The size of center source area is 7 δ × 2 δ × 3.5 δ , same as the flow field. The streamwise and spanwise directions of the sound source area extend 2.5 δ as the sound propagation area. The upper and lower boundaries are impervious boundary, and the other boundary is infinite element domain to simulate no-reflection boundary. A total of 10 hydrophones are set in the sound field to monitor the sound pressure, to analyze the influence of the superhydrophobic surface on the flow noise. The hydrophone settings are shown in Figure 7.

3. Discussion

3.1. Turbulent Structures Changes on Superhydrophobic Surfaces

The hydrophones are arranged in the centerline of flow region where flow is stable to precisely collect sound pressure. Otherwise, the data of hydrophones are averaged. On consideration of the sampling theorem, the CFL condition, and the ram of computer, we set the frequency range to 100–30 kHz and the resolution to 100 Hz. The grid size of sound domain is one-sixth wavelength.
First, we compared the pressure changes of the superhydrophobic surface with alternating boundary conditions, as shown in Figure 8 and Figure 9. We fixed the fraction of the free-slip boundary as GF is 0.5 and compared the pressure distribution when the strip numbers are 1, 2, 4 and 8. In general, the pressure fluctuation of the no-slip surface is significantly higher than the superhydrophobic surface with strips at different numbers. The Figure 9 shows that the root mean square error of pressure at different strip number and GF. Similar to the distribution of boundary conditions, the pressure also exhibits alternating properties. When the number of strips is 2, a large range of low-pressure fluctuation areas are concentrated on the free-slip surface and multiple continuous high-pressure areas and low-pressure areas exist at the free-slip strips. Consequently, the pressure RMSE at S t r i p n u m b e r = 2 has the largest value than others.

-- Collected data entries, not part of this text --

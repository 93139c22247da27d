-- ===== src/Push/Retry.antt =====
-- hermes_agent_a2a/push_delivery.py: when `deliver_with_retry` succeeds, and how long it sleeps.
use native.Mathlib.Nat.{two-pow-succ, pow-le-pow_right, mul-le-mul_left}
use hermes_agent_a2a.Prelude.{
  ℕ, zero, suc, ◌+◌, ◌-◌, ◌*◌, ◌^◌, ◌≤◌, ◌<◌, String, ◌≡◌, refl, ap, ◌⊎◌, ◌↔◌, true, List, [], ◌∷◌,
  arith, Bool-cases, inl, inr,
}
use hermes_agent_a2a.Json.{Fields}
use hermes_agent_a2a.Push.{Outcome, deliver, retry, deliver_with_retry}

abbrev pub total : List ℕ → ℕ
total [] = 0
total (x ∷ xs) = x + total xs

module _ (dumps : Fields → String) (hmac : String → String → String)
    (post : ℕ → String → String → String → Outcome) (base : ℕ) (url : String) (payload : Fields)
    (key : String) where
  abbrev pub SucceedsAt : ℕ → Type 0
  SucceedsAt n = deliver dumps hmac post n url payload key ≡ true

  retry_sound :
      (left attempt : ℕ)
      → (retry dumps hmac post base left attempt url payload key).0 ≡ true
      → (n : ℕ) × (attempt ≤ n) × (n < attempt + left) × SucceedsAt n
  unfolding retry
  retry_sound zero attempt h = cc
  retry_sound (suc left) attempt h =
      elim (Bool-cases (deliver dumps hmac post attempt url payload key)) [
        | inl ok ↦ (attempt, omega arith, omega arith, ok)
        | inr bad ↦
            let (n, ge, lt, ok) = retry_sound left (suc attempt) (ground (arith, h, bad)) in
            (n, omega (arith, ge), omega (arith, lt), ok)
      ]

  retry_complete :
      (left attempt n : ℕ)
      → attempt ≤ n
      → n < attempt + left
      → SucceedsAt n
      → (retry dumps hmac post base left attempt url payload key).0 ≡ true
  unfolding retry
  retry_complete zero attempt n ge lt ok = absurd (omega (arith, ge, lt))
  retry_complete (suc left) attempt n ge lt ok =
      elim (Bool-cases (deliver dumps hmac post attempt url payload key)) [
        | inl now ↦ ground (arith, now)
        | inr bad ↦
            let later : (attempt ≡ n) ⊎ (suc attempt ≤ n) = omega (arith, ge) in
            elim later [
              | inl same ↦
                  ground (
                    arith,
                    same,
                    ap (λ (x : ℕ). deliver dumps hmac post x url payload key) same,
                    ok,
                  )
              | inr more ↦
                  ground
                    (arith, bad, retry_complete left (suc attempt) n more (omega (arith, lt)) ok)
            ]
      ]

  slept : ℕ → ℕ → ℕ
  slept left attempt = total (retry dumps hmac post base left attempt url payload key).1

  slept_last : (attempt : ℕ) → slept 1 attempt ≡ 0
  unfolding slept retry
  slept_last attempt = ground arith

  slept_more :
      (left attempt : ℕ)
      → (slept (suc (suc left)) attempt ≡ 0)
        ⊎ (slept (suc (suc left)) attempt ≡ base * 2 ^ attempt + slept (suc left) (suc attempt))
  unfolding slept retry
  slept_more left attempt = elim (Bool-cases (deliver dumps hmac post attempt url payload key)) [
    | inl ok ↦ inl (rw ok refl)
    | inr bad ↦ inr (rw bad (ground arith))
  ]

  retry_waits :
      (left attempt : ℕ)
      → slept (suc left) attempt + base * 2 ^ attempt ≤ base * 2 ^ (attempt + left)
  retry_waits zero attempt =
      let e : attempt + 0 ≡ attempt = omega arith in
      omega (arith, slept_last attempt, ap (λ (x : ℕ). base * 2 ^ x) e)
  retry_waits (suc left) attempt = elim (slept_more left attempt) [
    | inl stopped ↦
        let grows : 2 ^ attempt ≤ 2 ^ (attempt + suc left) =
          pow-le-pow_right (omega arith) (omega arith) in
        omega (arith, stopped, mul-le-mul_left base grows)
    | inr more ↦
        let s : suc attempt + left ≡ attempt + suc left = omega arith in
        omega (
          arith,
          more,
          ap (λ (x : ℕ). base * x) (two-pow-succ attempt),
          retry_waits left (suc attempt),
          ap (λ (x : ℕ). base * 2 ^ x) s,
        )
  ]

  waits : (m : ℕ) → 0 < m → slept m 0 + base ≤ base * 2 ^ (m - 1)
  waits zero h = absurd (omega (arith, h))
  waits (suc m) h =
      let e : suc m - 1 ≡ m = omega arith in
      let z : 0 + m ≡ m = omega arith in
      omega (arith, retry_waits m 0, ap (λ (x : ℕ). base * 2 ^ x) e, ap (λ (x : ℕ). base * 2 ^ x) z)

  -- `deliver_with_retry` succeeds exactly if one of its first `max_attempts` POSTs has a 2xx answer,
  -- and with at least one attempt it sleeps at most base * (2 ^ (max_attempts - 1) - 1) in all.
  pub deliver_with_retry_exact :
      (max_attempts : ℕ)
      → let (answer, delays) =
          deliver_with_retry dumps hmac post base max_attempts url payload key in
        ((answer ≡ true) ↔ ((n : ℕ) × (n < max_attempts) × SucceedsAt n))
        × (0 < max_attempts → total delays + base ≤ base * 2 ^ (max_attempts - 1))
  unfolding deliver_with_retry slept
  deliver_with_retry_exact m = (
    (
      λ h. let (n, _, lt, ok) = retry_sound m 0 h in (n, omega (arith, lt), ok),
      λ (n, lt, ok). retry_complete m 0 n (omega arith) (omega (arith, lt)) ok,
    ),
    waits m,
  )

As the number of strips increases, the frequent alternation of the free-slip and no-slip boundary results in an interactive influence. As a result, the fluctuating pressure is enhanced, and the range of continuous stable pressure areas decrease. When the number of strips is 8, the fluctuating pressure on superhydrophobic surface is close to the no-slip surface, and the noise reduction effect has been weakened.
The vorticity contours are shown in Figure 10, to further study the influence of flow regime changes on flow noise. According to vortex sound theory, the vortex is the voice of the fluid, we compared the vorticity of different strip numbers at G F = 0.5 . The vorticity contours of no-slip boundary channel is shown in Figure 10a. The vorticity is large at the overall flow field, especially at the near-wall region. However, the vorticity at free-slip boundary is 0, and the channel with free-slip boundary has a lower vorticity level. When the strip number is small, the vorticity distribution is more centralized. A clear boundary between the zero vorticity and the large vorticity is observed. The free-slip boundary and no-slip boundary have less mutual influence. The flow noise should have a lower level because of the large-scale lower vorticity distribution. However, when the strip number becomes large, the space between the free-slip and no-slip boundary becomes narrow. The interactive influence of free-slip and no-slip is obvious, and the lower vorticity part nearly disappears. Consequently, the flow noise level can be higher when the strip number is large.
Note that the streamlines of velocity on Y Z = 3.5 δ cutplane are shown in Figure 11, we can draw the same conclusion. The channel with no-slip bottom boundary generates more lateral vortices. At the center of the flow field, the larger vortices can be found, which will generate higher low-frequency noise. Otherwise, small vortices are generated near the wall and increases the high-frequency components. As a result, the no-slip channel has a higher overall noise level. However, the number of lateral large vortices on the superhydrophobic surfaces with S t r i p n u m b e r = 2 is significantly reduced, while the number of small vortices near the wall does not increase significantly. Therefore, the flow noise level must be lower. As the number of strips increases, more vortices will be generated with a size close to the strip width on the bottom and significantly affect the flow noise at some certain frequencies.
In consideration of the interactive influence of alternating boundary, we studied the vorticity of S t r i p n u m b e r = 8 at different GF. As the Figure 12 shown, the interactive influences of free-slip and no-slip boundary decrease when GF increases.
For the turbulent structure changes on superhydrophobic surfaces, we have concluded that the boundary with strips of small number, such as n = 1 , can develop a relatively stable flow. For the surface with strips of large number, such as n = 8 , the alternation of free-slip and no-slip boundary strongly influences the near-wall properties. The continuous shear stress changes on the alternating boundary causes the velocity difference of adjacent fluids to generate more transverse vortices and influences the noise reduction effect. Therefore, the vorticity level near the surfaces of S t r i p n u m b e r = 8 is higher compared with S t r i p n u m b e r = 1 . However, the vorticity in the stable area at the center of the flow field is still reduced compared with the no-slip channel. As a result, the noise reduction effect is weakened when the number of strips increases in a spanwise period.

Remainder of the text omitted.